:: SUPPLIED RECORDS ::

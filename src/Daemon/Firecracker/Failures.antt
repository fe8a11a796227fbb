-- ===== src/Daemon/Firecracker/Failures.antt =====
-- CreateMicroVM and LoadSnapshot of daemon/pkg/firecracker/impl.go where they fail.
use yaghan.Base.{
  ◌≡◌, refl, sym, ◌⊎◌, inl, inr, true, false, not, ◌&&◌, some, nat_beq, length, Bool-cases,
  Option-cases,
}
use mathlib.Core.Path.{subst}
use yaghan.Base.Text.{Text}
use yaghan.Daemon.Egress.{LocalReference}
use yaghan.Daemon.Firecracker.System.{Machine}
use yaghan.Daemon.Firecracker.Input.{
  CreateError, Attached, attached, vm_not_found, corrupt, Created, created, failed, Vm, CreateInput,
  LoadInput, Options, is_vm_id,
}
use yaghan.Daemon.Firecracker.Staging.{prepare_boot, prepare_load}
use yaghan.Daemon.Firecracker.Launch.{attach, boot_ready, load_ready}
use yaghan.Daemon.Firecracker.Provider.{
  Provider, attach_or, indexed, boot, load, create_microvm, load_snapshot,
}
use yaghan.Daemon.Firecracker.Stopped.Preparing.{
  prepare_boot-Quiet, prepare_load-Quiet, attach-Quiet,
}
use yaghan.Daemon.Firecracker.Stopped.{Halted, launch-Halted}

Attached-cases :
    (a : Attached Vm) → ((vm : Vm) × (a ≡ attached vm)) ⊎ ((a ≡ vm_not_found) ⊎ (a ≡ corrupt))
Attached-cases (attached vm) = inl (vm, refl)
Attached-cases vm_not_found = inr (inl refl)
Attached-cases corrupt = inr (inr refl)

module _ (m : Machine) (opts : Options) where
  open m use {World, up}

  -- A failed call has indexed nothing, and no Firecracker runs but in the four ways of `Halted`.
  abbrev pub Failed : Text → Provider m opts → Provider m opts × Created Vm → CreateError → Type 0
  Failed id p r e = (r.0.vms ≡ p.vms) × Halted m id r.0.world e

  indexed-Failed :
      (id : Text) (p : Provider m opts) (r : World × Created Vm) (e : CreateError)
      → (r.1 ≡ failed e → Halted m id r.0 e)
      → (indexed m opts p r).1 ≡ failed e
      → Failed id p (indexed m opts p r) e
  unfolding indexed
  indexed-Failed id p (w, created vm) e halted h = cc
  indexed-Failed id p (w, failed d) e halted h = (refl, halted h)

  attach_or_found :
      (id : Text) (start : World → World × Created Vm) (p : Provider m opts) (vm : Vm)
      → (attach m opts id p.world).1 ≡ attached vm
      → (attach_or m opts id start p).1 ≡ created vm
  unfolding attach_or indexed
  attach_or_found id start p vm running = rw (attach_or, running) refl

  attach_or_boot :
      (id : Text) (start : World → World × Created Vm) (p : Provider m opts)
      → ((attach m opts id p.world).1 ≡ vm_not_found) ⊎ ((attach m opts id p.world).1 ≡ corrupt)
      → attach_or m opts id start p ≡ indexed m opts p (start (attach m opts id p.world).0)
  unfolding attach_or
  attach_or_boot id start p (inl gone) = rw (attach_or, gone) refl
  attach_or_boot id start p (inr broken) = rw (attach_or, broken) refl

  attach_or-Failed :
      (id : Text) (start : World → World × Created Vm) (p : Provider m opts) (e : CreateError)
      → ((w : World) → up w id ≡ false → (start w).1 ≡ failed e → Halted m id (start w).0 e)
      → up p.world id ≡ false
      → (attach_or m opts id start p).1 ≡ failed e
      → Failed id p (attach_or m opts id start p) e
  unfolding attach_or
  attach_or-Failed id start p e halted down h =
      let r = attach m opts id p.world in
      let off = attach-Quiet m opts id p.world id down in
      let booted = indexed-Failed id p (start r.0) e (halted r.0 off) in
      elim (Attached-cases r.1) [
        | inl (vm, running) ↦ let fine = attach_or_found id start p vm running in cc
        | inr (inl gone) ↦
            subst (λ x. x.1 ≡ failed e → Failed id p x e)
              (sym (attach_or_boot id start p (inl gone))) booted h
        | inr (inr broken) ↦
            subst (λ x. x.1 ≡ failed e → Failed id p x e)
              (sym (attach_or_boot id start p (inr broken))) booted h
      ]

  boot-Halted :
      (input : CreateInput) (w : World) (e : CreateError)
      → up w input.id ≡ false
      → (boot m opts input w).1 ≡ failed e
      → Halted m input.id (boot m opts input w).0 e
  unfolding boot
  boot-Halted input w e down h =
      launch-Halted m opts input.id input.network true (prepare_boot m input)
        (boot_ready m opts input) _ _ w e (prepare_boot-Quiet m input) down h

  load-Halted :
      (input : LoadInput) (ref : LocalReference) (w : World) (e : CreateError)
      → up w input.id ≡ false
      → (load m opts input ref w).1 ≡ failed e
      → Halted m input.id (load m opts input ref w).0 e
  unfolding load
  load-Halted input ref w e down h =
      launch-Halted m opts input.id input.network false (prepare_load m input ref)
        (load_ready m opts input ref) _ _ w e (prepare_load-Quiet m input ref) down h

  create_valid :
      (input : CreateInput) (p : Provider m opts)
      → is_vm_id input.id ≡ true
      → create_microvm m opts input p ≡ attach_or m opts input.id (boot m opts input) p
  unfolding create_microvm
  create_valid input p valid = rw (create_microvm, valid) refl

  -- Where no Firecracker runs for the id of a CreateMicroVM that fails, the index is unchanged, and no
  -- Firecracker of that id runs afterwards, unless the call has failed at the wait for the jailer, which kills nothing, or in the registration, at
  -- the pid file or at meta.json, or the pid file cannot be read, so that nothing could be killed.
  pub create_microvm-Failed :
      (input : CreateInput) (p : Provider m opts) (e : CreateError)
      → up p.world input.id ≡ false
      → (create_microvm m opts input p).1 ≡ failed e
      → Failed input.id p (create_microvm m opts input p) e
  unfolding create_microvm
  create_microvm-Failed input p e down h = elim (Bool-cases (is_vm_id input.id)) [
    | inr invalid ↦ rw (create_microvm, invalid) (refl, inl down)
    | inl valid ↦
        subst (λ x. x.1 ≡ failed e → Failed input.id p x e) (sym (create_valid input p valid))
          (attach_or-Failed input.id (boot m opts input) p e
            (λ w off bad. boot-Halted input w e off bad) down)
          h
  ]

  load_valid :
      (input : LoadInput) (ref : LocalReference) (p : Provider m opts)
      → input.local_reference ≡ some ref
      → (not (nat_beq input.agent_vsock_port 0) && nat_beq (length input.vsock_uds_path) 0) ≡ false
      → is_vm_id input.id ≡ true
      → load_snapshot m opts input p ≡ attach_or m opts input.id (load m opts input ref) p
  unfolding load_snapshot
  load_valid input ref p given path valid = rw (load_snapshot, given, path, valid) refl

  -- Where no Firecracker runs for the id of a LoadSnapshot that fails, whatever its input, the index is
  -- unchanged, and no Firecracker of that id runs afterwards, unless the call has failed at the wait for
  -- the jailer, which kills nothing, or in the registration, at the pid file or at meta.json, or the pid
  -- file cannot be read, so that nothing could be killed.
  pub load_snapshot-Failed :
      (input : LoadInput) (p : Provider m opts) (e : CreateError)
      → up p.world input.id ≡ false
      → (load_snapshot m opts input p).1 ≡ failed e
      → Failed input.id p (load_snapshot m opts input p) e
  unfolding load_snapshot
  load_snapshot-Failed input p e down h = elim (Option-cases input.local_reference) [
    | inl absent ↦ rw (load_snapshot, absent) (refl, inl down)
    | inr (ref, given) ↦
        let no_path =
          not (nat_beq input.agent_vsock_port 0) && nat_beq (length input.vsock_uds_path) 0 in
        elim (Bool-cases no_path) [
          | inl bad ↦ rw (load_snapshot, given, bad) (refl, inl down)
          | inr path ↦ elim (Bool-cases (is_vm_id input.id)) [
            | inr invalid ↦ rw (load_snapshot, given, path, invalid) (refl, inl down)
            | inl valid ↦
                subst (λ x. x.1 ≡ failed e → Failed input.id p x e)
                  (sym (load_valid input ref p given path valid))
                  (attach_or-Failed input.id (load m opts input ref) p e
                    (λ w off bad. load-Halted input ref w e off bad) down)
                  h
          ]
        ]
  ]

:::

REQUIRED ACTION: Reproducing the whole listing above is not the task. Copy exactly only the lines from the one with "launch-Halted m opts input.id input.network true" to the one with "ref w).1 ≡ failed e", both kept.

WRITTEN ANSWER:
      launch-Halted m opts input.id input.network true (prepare_boot m input)
        (boot_ready m opts input) _ _ w e (prepare_boot-Quiet m input) down h

  load-Halted :
      (input : LoadInput) (ref : LocalReference) (w : World) (e : CreateError)
      → up w input.id ≡ false
      → (load m opts input ref w).1 ≡ failed e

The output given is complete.